Es is a game of marked cards and a referee who not only supervises but also sets the rules: Xavier Niel, co-owner of “Le Monde” (and the magazines “Télérama” and “L’Obs”), owner of daily newspapers and of telecom provider Free, has made a very unfriendly request for M6’s frequency – knowing he won’t get it.
M6 is the most profitable TV channel in Europe, its profit margin is almost twenty percent. According to French law, no shareholder may hold more than 49 percent of the shares, the Bertelsmann subsidiary RTL has 48.26 percent. The merger with TF1, the largest private broadcaster in Europe, should create a media company that would be able to compete with the streaming platforms. The project failed due to the requirements of the Cartel Office, which would have meant the sale of one or the other station. According to the reasoning, the M6 and TF1 would have achieved a market share of 75 percent in TV advertising.
After the fiasco, Bertelsmann immediately began sales negotiations and received “sensational offers”. One of the best came from Xavier Niel, who started his career pirating decoders and the sex trade and was already in prison for pimping.
A separate project called “Six”
But the realization quickly dawned that a sale is as lengthy and complicated as a merger. And the renewal of the broadcasting license is due this spring. Bertelsmann broke off the negotiations again and announced that it did not want to sell at all. The renewal of the license is subject to the condition that there must be no change of ownership for five years.
TF1 and M6 had to present their documents to the state media regulator Arcom a few days ago. As soon as the deadline had expired, Xavier Niel confirmed what had previously been rumored: he wanted the license from M6 for his own project called “Six”. The applicants will be heard in mid-February, and the decision will be made in May. A Niel’s success would be practically equivalent to expropriating M6 after 36 years. It’s very unlikely. “M6 has good cards,” said Xavier Niel full-bodied: “But we’re going to win.”
Not even French
Niel, who has excellent relations with Macron, is already preparing the next moves. In 2025, more frequencies will need to be renewed. Then his candidacy – against weaker competitors – will be much more promising. Niel wants to catch up with his big rival Bouygues, who is also a telecom operator and owns TF1. But he also put a lot of pressure on M6 with his attack. The broadcaster has promised to invest more money in French programming. This, in turn, benefits Niel’s production company, on whose behalf he applied for the concession.
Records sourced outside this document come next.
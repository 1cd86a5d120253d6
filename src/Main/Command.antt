-- ===== src/Main/Command.antt =====
-- src/main.rs: `main`, up to the call of the mechanism that a command names. The arguments are those
-- behind the program's name; `env::args` has checked that they are text.
use meshlet.Common.{
  ℕ, Option, none, some, List, [], ◌∷◌, ◌++◌, if◌then◌else◌, Bytes, get_elem?, get_or, ◌==◌, nat_eq,
  list_eq, pair_eq,
}
use meshlet.Common.Result.{Result, ok, ok_or, ◌>>=◌}
use meshlet.Text.Decimal.{parse_unsigned, max_u64}
use meshlet.Text.{codes}

abbrev pub default_rtt_samples : ℕ
default_rtt_samples = 10_000

-- The calls that `main` makes, with their arguments.
pub data Command : Type 0 where
  tcp_server tcp_client udp_server udp_bench_server : Bytes → Command
  udp_client : Bytes → Bytes → Command
  udp_rtt_client : Bytes → Bytes → ℕ → Command
  firewall_demo : Command
  identity_generate : Bytes → Bytes → Bytes → Command
  run_server : Bytes → Command
  register : Bytes → Bytes → Bytes → ℕ → Command
  lookup : Bytes → Bytes → Bytes → Command
  run_authenticated_server : Bytes → Bytes → Command
  register_authenticated : Bytes → Bytes → Bytes → ℕ → Bytes → Command
  lookup_authenticated : Bytes → Bytes → Bytes → Command
  advertise_route : Bytes → Bytes → Bytes → Bytes → ℕ → Command
  route_lookup : Bytes → Bytes → Bytes → Command
  run_secure_echo_server : Bytes → Bytes → Bytes → Command
  run_secure_echo_client : Bytes → Bytes → Bytes → Bytes → Bytes → Command
  run_secure_echo_client_auto : Bytes → Bytes → Bytes → Bytes → Bytes → Bytes → Command
  relay_run : Bytes → Bytes → Command
  run_one_exchange : Bytes → Bytes → Bytes → Command
  print_usage : Command

-- The two texts of a panic on a number.
pub data CommandError : Type 0 where
  samples_not_integer lease_not_integer : CommandError

-- `args.next().unwrap_or_else(…)`, for the argument at a place.
abbrev pub next_or : List Bytes → ℕ → Bytes → Bytes
next_or args i default = get_or args i default

-- `args.next().map(|value| value.parse().expect(…)).unwrap_or(…)`, on 64-bit numbers.
unfoldable pub number_or : List Bytes → ℕ → CommandError → ℕ → Result CommandError ℕ
number_or args i e default = elim (get_elem? args i) [
  | none ↦ ok default
  | some value ↦ ok_or (parse_unsigned max_u64 value) e
]

abbrev pub default_bind : Bytes
default_bind = codes "127.0.0.1:0"

abbrev pub default_server : Bytes
default_server = codes "127.0.0.1:9000"

-- The path of a node's key file.
abbrev pub key_path : Bytes → Bytes → Bytes
key_path node_id suffix = codes ".meshlet/keys/" ++ (node_id ++ suffix)

-- The socket demonstrations, the firewall's and `identity-generate`.
unfoldable pub demo_command : Bytes → List Bytes → Option (Result CommandError Command)
demo_command mode args =
    if mode == codes "tcp-server"
    then some (ok (tcp_server (next_or args 0 (codes "127.0.0.1:8000"))))
    else if mode == codes "tcp-client"
    then some (ok (tcp_client (next_or args 0 (codes "127.0.0.1:8000"))))
    else if mode == codes "udp-server"
    then some (ok (udp_server (next_or args 0 (codes "127.0.0.1:8000"))))
    else if mode == codes "udp-client"
    then some
        (ok (udp_client (next_or args 0 default_bind) (next_or args 1 (codes "127.0.0.1:8000"))))
    else if mode == codes "udp-bench-server"
    then some (ok (udp_bench_server (next_or args 0 (codes "127.0.0.1:8000"))))
    else if mode == codes "udp-rtt-client"
    then some (do
      samples ← number_or args 2 samples_not_integer default_rtt_samples
      ok (
          udp_rtt_client (next_or args 0 default_bind) (next_or args 1 (codes "127.0.0.1:8000"))
            samples))
    else if mode == codes "firewall-demo"
    then some (ok firewall_demo)
    else if mode == codes "identity-generate"
    then some (
        ok (
          identity_generate (next_or args 0 (codes "mesh-a"))
            (next_or args 1 (key_path (next_or args 0 (codes "mesh-a")) (codes ".identity")))
            (next_or args 2 (key_path (next_or args 0 (codes "mesh-a")) (codes ".authorization")))))
    else none

-- The coordinator's servers and clients.
unfoldable pub coordinator_command : Bytes → List Bytes → Option (Result CommandError Command)
coordinator_command mode args =
    if mode == codes "coordinator-server"
    then some (ok (run_server (next_or args 0 default_server)))
    else if mode == codes "coordinator-register"
    then some (do
      lease_seconds ← number_or args 3 lease_not_integer 30
      ok (
          register (next_or args 0 default_bind) (next_or args 1 default_server)
            (next_or args 2 (codes "mesh-a")) lease_seconds))
    else if mode == codes "coordinator-lookup"
    then some (
        ok (
          lookup (next_or args 0 default_bind) (next_or args 1 default_server)
            (next_or args 2 (codes "mesh-a"))))
    else if mode == codes "coordinator-server-auth"
    then some (
        ok (
          run_authenticated_server (next_or args 0 default_server)
            (next_or args 1 (codes ".meshlet/keys/authorized-nodes"))))
    else if mode == codes "coordinator-route-server"
    then some (ok (run_server (next_or args 0 default_server)))
    else if mode == codes "coordinator-register-auth"
    then some (do
      lease_seconds ← number_or args 3 lease_not_integer 30
      ok (
          register_authenticated (next_or args 0 default_bind) (next_or args 1 default_server)
            (next_or args 2 (codes "mesh-a")) lease_seconds
            (next_or args 4 (key_path (next_or args 2 (codes "mesh-a")) (codes ".identity")))))
    else if mode == codes "coordinator-lookup-auth"
    then some (
        ok (
          lookup_authenticated (next_or args 0 default_bind) (next_or args 1 default_server)
            (next_or args 2 (codes "mesh-a"))))
    else if mode == codes "coordinator-advertise-route"
    then some (do
      lease_seconds ← number_or args 4 lease_not_integer 120
      ok (
          advertise_route (next_or args 0 default_bind) (next_or args 1 default_server)
            (next_or args 2 (codes "mesh-b")) (next_or args 3 (codes "10.30.0.0/24"))
            lease_seconds))
    else if mode == codes "coordinator-route-lookup"
    then some (
        ok (
          route_lookup (next_or args 0 default_bind) (next_or args 1 default_server)
            (next_or args 2 (codes "10.30.0.2"))))
    else none

-- The handshake, the relay and the tunnel.
unfoldable pub secure_command : Bytes → List Bytes → Option (Result CommandError Command)
secure_command mode args =
    if mode == codes "secure-echo-server"
    then some (
        ok (
          run_secure_echo_server (next_or args 0 (codes "127.0.0.1:7000"))
            (next_or args 1 (codes ".meshlet/keys/mesh-b.identity"))
            (next_or args 2 (codes ".meshlet/keys/authorized-nodes"))))
    else if mode == codes "secure-echo-client"
    then some (
        ok (
          run_secure_echo_client (next_or args 0 default_bind)
            (next_or args 1 (codes "127.0.0.1:7000"))
            (next_or args 2 (codes ".meshlet/keys/mesh-a.identity"))
            (next_or args 3 (codes "mesh-b"))
            (next_or args 4 (codes ".meshlet/keys/mesh-b.authorization"))))
    else if mode == codes "secure-echo-client-auto"
    then some (
        ok (
          run_secure_echo_client_auto (next_or args 0 default_bind)
            (next_or args 1 (codes "127.0.0.1:7000")) (next_or args 2 (codes "127.0.0.1:7100"))
            (next_or args 3 (codes ".meshlet/keys/mesh-a.identity"))
            (next_or args 4 (codes "mesh-b"))
            (next_or args 5 (codes ".meshlet/keys/mesh-b.authorization"))))
    else if mode == codes "udp-relay"
    then some (
        ok (
          relay_run (next_or args 0 (codes "127.0.0.1:7100"))
            (next_or args 1 (codes "127.0.0.1:7000"))))
    else if mode == codes "tun-udp-one"
    then some (
        ok (
          run_one_exchange (next_or args 0 (codes "meshlet0"))
            (next_or args 1 (codes "127.0.0.1:7200")) (next_or args 2 (codes "127.0.0.1:7201"))))
    else none

abbrev or_else {ℓ} : {A : Type ℓ} → Option A → Option A → Option A
or_else none o = o
or_else (some a) o = some a

abbrev or_usage : Option (Result CommandError Command) → Result CommandError Command
or_usage none = ok print_usage
or_usage (some r) = r

unfoldable pub dispatch : List Bytes → Result CommandError Command
unfolding demo_command coordinator_command secure_command
dispatch [] = ok print_usage
dispatch (mode ∷ args) = or_usage (
    or_else (demo_command mode args)
      (or_else (coordinator_command mode args) (secure_command mode args)))
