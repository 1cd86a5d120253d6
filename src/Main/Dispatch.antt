-- ===== src/Main/Dispatch.antt =====
-- src/main.rs: every call that `main` can make is made by some command line.
use meshlet.Common.{
  ℕ, ◌≤◌, ◌≡◌, refl, some, List, [], ◌∷◌, Bytes, get_elem?, nat_eq, list_beq, list_eq, pair_eq,
}
use meshlet.Common.Result.{ok}
use meshlet.Main.Command.{
  Command, tcp_server, tcp_client, udp_server, udp_client, udp_bench_server, udp_rtt_client,
  firewall_demo, identity_generate, run_server, register, lookup, run_authenticated_server,
  register_authenticated, lookup_authenticated, advertise_route, route_lookup,
  run_secure_echo_server, run_secure_echo_client, run_secure_echo_client_auto, relay_run,
  run_one_exchange, print_usage, CommandError, number_or, demo_command, coordinator_command,
  secure_command, dispatch,
}
use meshlet.Text.Decimal.{decimal, max_u64, parse_unsigned-decimal}
use meshlet.Text.{codes}

-- The command line with every argument written out.
unfoldable pub command_line : Command → List Bytes
command_line (tcp_server a) = codes "tcp-server" ∷ a ∷ []
command_line (tcp_client a) = codes "tcp-client" ∷ a ∷ []
command_line (udp_server a) = codes "udp-server" ∷ a ∷ []
command_line (udp_bench_server a) = codes "udp-bench-server" ∷ a ∷ []
command_line (udp_client a b) = codes "udp-client" ∷ a ∷ b ∷ []
command_line (udp_rtt_client a b n) = codes "udp-rtt-client" ∷ a ∷ b ∷ decimal n ∷ []
command_line firewall_demo = codes "firewall-demo" ∷ []
command_line (identity_generate a b c) = codes "identity-generate" ∷ a ∷ b ∷ c ∷ []
command_line (run_server a) = codes "coordinator-server" ∷ a ∷ []
command_line (register a b c n) = codes "coordinator-register" ∷ a ∷ b ∷ c ∷ decimal n ∷ []
command_line (lookup a b c) = codes "coordinator-lookup" ∷ a ∷ b ∷ c ∷ []
command_line (run_authenticated_server a b) = codes "coordinator-server-auth" ∷ a ∷ b ∷ []
command_line (register_authenticated a b c n d) =
    codes "coordinator-register-auth" ∷ a ∷ b ∷ c ∷ decimal n ∷ d ∷ []
command_line (lookup_authenticated a b c) = codes "coordinator-lookup-auth" ∷ a ∷ b ∷ c ∷ []
command_line (advertise_route a b c d n) =
    codes "coordinator-advertise-route" ∷ a ∷ b ∷ c ∷ d ∷ decimal n ∷ []
command_line (route_lookup a b c) = codes "coordinator-route-lookup" ∷ a ∷ b ∷ c ∷ []
command_line (run_secure_echo_server a b c) = codes "secure-echo-server" ∷ a ∷ b ∷ c ∷ []
command_line (run_secure_echo_client a b c d e) =
    codes "secure-echo-client" ∷ a ∷ b ∷ c ∷ d ∷ e ∷ []
command_line (run_secure_echo_client_auto a b c d e f) =
    codes "secure-echo-client-auto" ∷ a ∷ b ∷ c ∷ d ∷ e ∷ f ∷ []
command_line (relay_run a b) = codes "udp-relay" ∷ a ∷ b ∷ []
command_line (run_one_exchange a b c) = codes "tun-udp-one" ∷ a ∷ b ∷ c ∷ []
command_line print_usage = []

-- The numbers of a call have 64 bits.
abbrev pub HasNumbers : Command → Type 0
HasNumbers (udp_rtt_client _ _ n) = n ≤ max_u64
HasNumbers (register _ _ _ n) = n ≤ max_u64
HasNumbers (register_authenticated _ _ _ n _) = n ≤ max_u64
HasNumbers (advertise_route _ _ _ _ n) = n ≤ max_u64
HasNumbers _ = Unit

number_or-decimal :
    (args : List Bytes) (i n default : ℕ) (e : CommandError)
    → get_elem? args i ≡ some (decimal n)
    → n ≤ max_u64
    → number_or args i e default ≡ ok n
unfolding number_or
number_or-decimal args i n default e at_i h =
    rw (at_i, number_or) (rw (parse_unsigned-decimal max_u64 n h) refl)

-- `main` makes each of its calls, with any arguments and any numbers of 64 bits, on the command line
-- that writes the arguments out in their order.
pub dispatch-command_line : (c : Command) → HasNumbers c → dispatch (command_line c) ≡ ok c
unfolding dispatch command_line demo_command coordinator_command secure_command list_beq
dispatch-command_line (tcp_server a) h = refl
dispatch-command_line (tcp_client a) h = refl
dispatch-command_line (udp_server a) h = refl
dispatch-command_line (udp_bench_server a) h = refl
dispatch-command_line (udp_client a b) h = refl
dispatch-command_line (udp_rtt_client a b n) h =
    rw (number_or-decimal (a ∷ b ∷ decimal n ∷ []) 2 n _ _ refl h) refl
dispatch-command_line firewall_demo h = refl
dispatch-command_line (identity_generate a b c) h = refl
dispatch-command_line (run_server a) h = refl
dispatch-command_line (register a b c n) h =
    rw (number_or-decimal (a ∷ b ∷ c ∷ decimal n ∷ []) 3 n _ _ refl h) refl
dispatch-command_line (lookup a b c) h = refl
dispatch-command_line (run_authenticated_server a b) h = refl
dispatch-command_line (register_authenticated a b c n d) h =
    rw (number_or-decimal (a ∷ b ∷ c ∷ decimal n ∷ d ∷ []) 3 n _ _ refl h) refl
dispatch-command_line (lookup_authenticated a b c) h = refl
dispatch-command_line (advertise_route a b c d n) h =
    rw (number_or-decimal (a ∷ b ∷ c ∷ d ∷ decimal n ∷ []) 4 n _ _ refl h) refl
dispatch-command_line (route_lookup a b c) h = refl
dispatch-command_line (run_secure_echo_server a b c) h = refl
dispatch-command_line (run_secure_echo_client a b c d e) h = refl
dispatch-command_line (run_secure_echo_client_auto a b c d e f) h = refl
dispatch-command_line (relay_run a b) h = refl
dispatch-command_line (run_one_exchange a b c) h = refl
dispatch-command_line print_usage h = refl
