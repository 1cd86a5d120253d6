-- ===== src/Main/FirewallDemo.antt =====
-- src/main.rs: `firewall_demo`, with `verdict`: the flows that it shows, the decisions and the two
-- counts that it prints.
use meshlet.Common.{
  ℕ, ◌+◌, ◌<◌, ◌≡◌, Bool, List, [], ◌∷◌, arith, if◌then◌else◌, Bytes, nat_eq, list_eq, pair_eq,
  Instant, Duration, instant_limit, from_secs, checked_add,
}
use meshlet.Common.Outcome.{Outcome, done, ◌>>=◌, expect, instant_addition}
use meshlet.Common.HashMap.{get, insert, retain}
use meshlet.Firewall.Flow.{
  tcp, udp, Endpoint, FlowKey, reverse, flow_eq, flow_beq, endpoint_beq, protocol_beq,
}
use meshlet.Firewall.Table.{
  new, remove_expired, observe_outbound, allow_inbound, tracked_reply_flows,
}
use meshlet.Net.Ipv4.{new as new_address}
use meshlet.Text.{codes}

unfoldable pub verdict : Bool → Bytes
verdict allowed = if allowed then codes "ALLOW" else codes "DENY"

abbrev pub demo_timeout : Duration
demo_timeout = from_secs 30

abbrev pub client : Endpoint
client = record { address = new_address 10 10 0 2; port = 50_000 }

abbrev pub server : Endpoint
server = record { address = new_address 192 0 2 20; port = 8_000 }

abbrev pub outbound : FlowKey
outbound = record { protocol = udp; source = client; destination = server }

abbrev pub wrong_port_reply : FlowKey
wrong_port_reply = record {
  protocol = udp;
  source = record { address = new_address 192 0 2 20; port = 8_001 };
  destination = client;
}

abbrev pub tcp_reply : FlowKey
tcp_reply = record { protocol = tcp; source = server; destination = client }

-- What is printed: the decision on each flow, and how many flows are tracked behind the second step
-- and the last.
pub record Demo : Type 0 where
  pub decisions : List (FlowKey × Bytes)
  pub tracked_once_sent : ℕ
  pub tracked_at_end : ℕ

unfoldable pub firewall_demo : Instant → Outcome Demo
firewall_demo now = do
  let matching_reply = reverse outbound
  firewall ← new demo_timeout
  let (unsolicited, firewall1) = allow_inbound firewall matching_reply now
  firewall2 ← observe_outbound firewall1 outbound now
  let (reply, firewall3) = allow_inbound firewall2 matching_reply now
  let (wrong_port, firewall4) = allow_inbound firewall3 wrong_port_reply now
  let (wrong_protocol, firewall5) = allow_inbound firewall4 tcp_reply now
  later ← expect (checked_add now demo_timeout) instant_addition
  let (expired, firewall6) = allow_inbound firewall5 matching_reply later
  done (record {
    decisions =
        (matching_reply, verdict unsolicited)
        ∷ (outbound, codes "ALLOW")
        ∷ (matching_reply, verdict reply)
        ∷ (wrong_port_reply, verdict wrong_port)
        ∷ (tcp_reply, verdict wrong_protocol)
        ∷ (matching_reply, verdict expired)
        ∷ [];
    tracked_once_sent = tracked_reply_flows firewall2;
    tracked_at_end = tracked_reply_flows firewall6;
  })

-- The firewall lets in exactly one of the five inbound flows of the demonstration, the reply to the
-- flow that went out: not before the flow, nor from another port, nor under TCP, nor 30 seconds after
-- it. One flow is tracked once it went out, and none at the end. The clock is one that has 30 seconds
-- left.
pub firewall_demo_decides :
    (now : Instant)
    → now + demo_timeout < instant_limit
    → firewall_demo now
      ≡ done (record {
        decisions =
            (reverse outbound, codes "DENY")
            ∷ (outbound, codes "ALLOW")
            ∷ (reverse outbound, codes "ALLOW")
            ∷ (wrong_port_reply, codes "DENY")
            ∷ (tcp_reply, codes "DENY")
            ∷ (reverse outbound, codes "DENY")
            ∷ [];
        tracked_once_sent = 1;
        tracked_at_end = 0;
      })
unfolding firewall_demo new allow_inbound observe_outbound remove_expired tracked_reply_flows
    verdict reverse flow_beq endpoint_beq protocol_beq get insert retain
firewall_demo_decides now room = ground arith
“Xavier Niel wins in any case,” commented media journalist Catherine Boullay. He still unscrupulously relies on lower instincts. His best argument is the dividends that M6 brings to shareholders. “One billion since 2008,” calculates Boullay. According to an insider, Niel is said to have argued that they are going “to a shareholder who is not even French: to a German family”.
With her as a partner, the aim in France was to establish a “national champion” against non-European competition, in line with the Bertelsmann strategy that was also being pursued elsewhere. At Bertelsmann one has to realize that this project didn’t just fail temporarily. Maybe it was two or three years too early. The M6 could also be sold before the end of the ban period.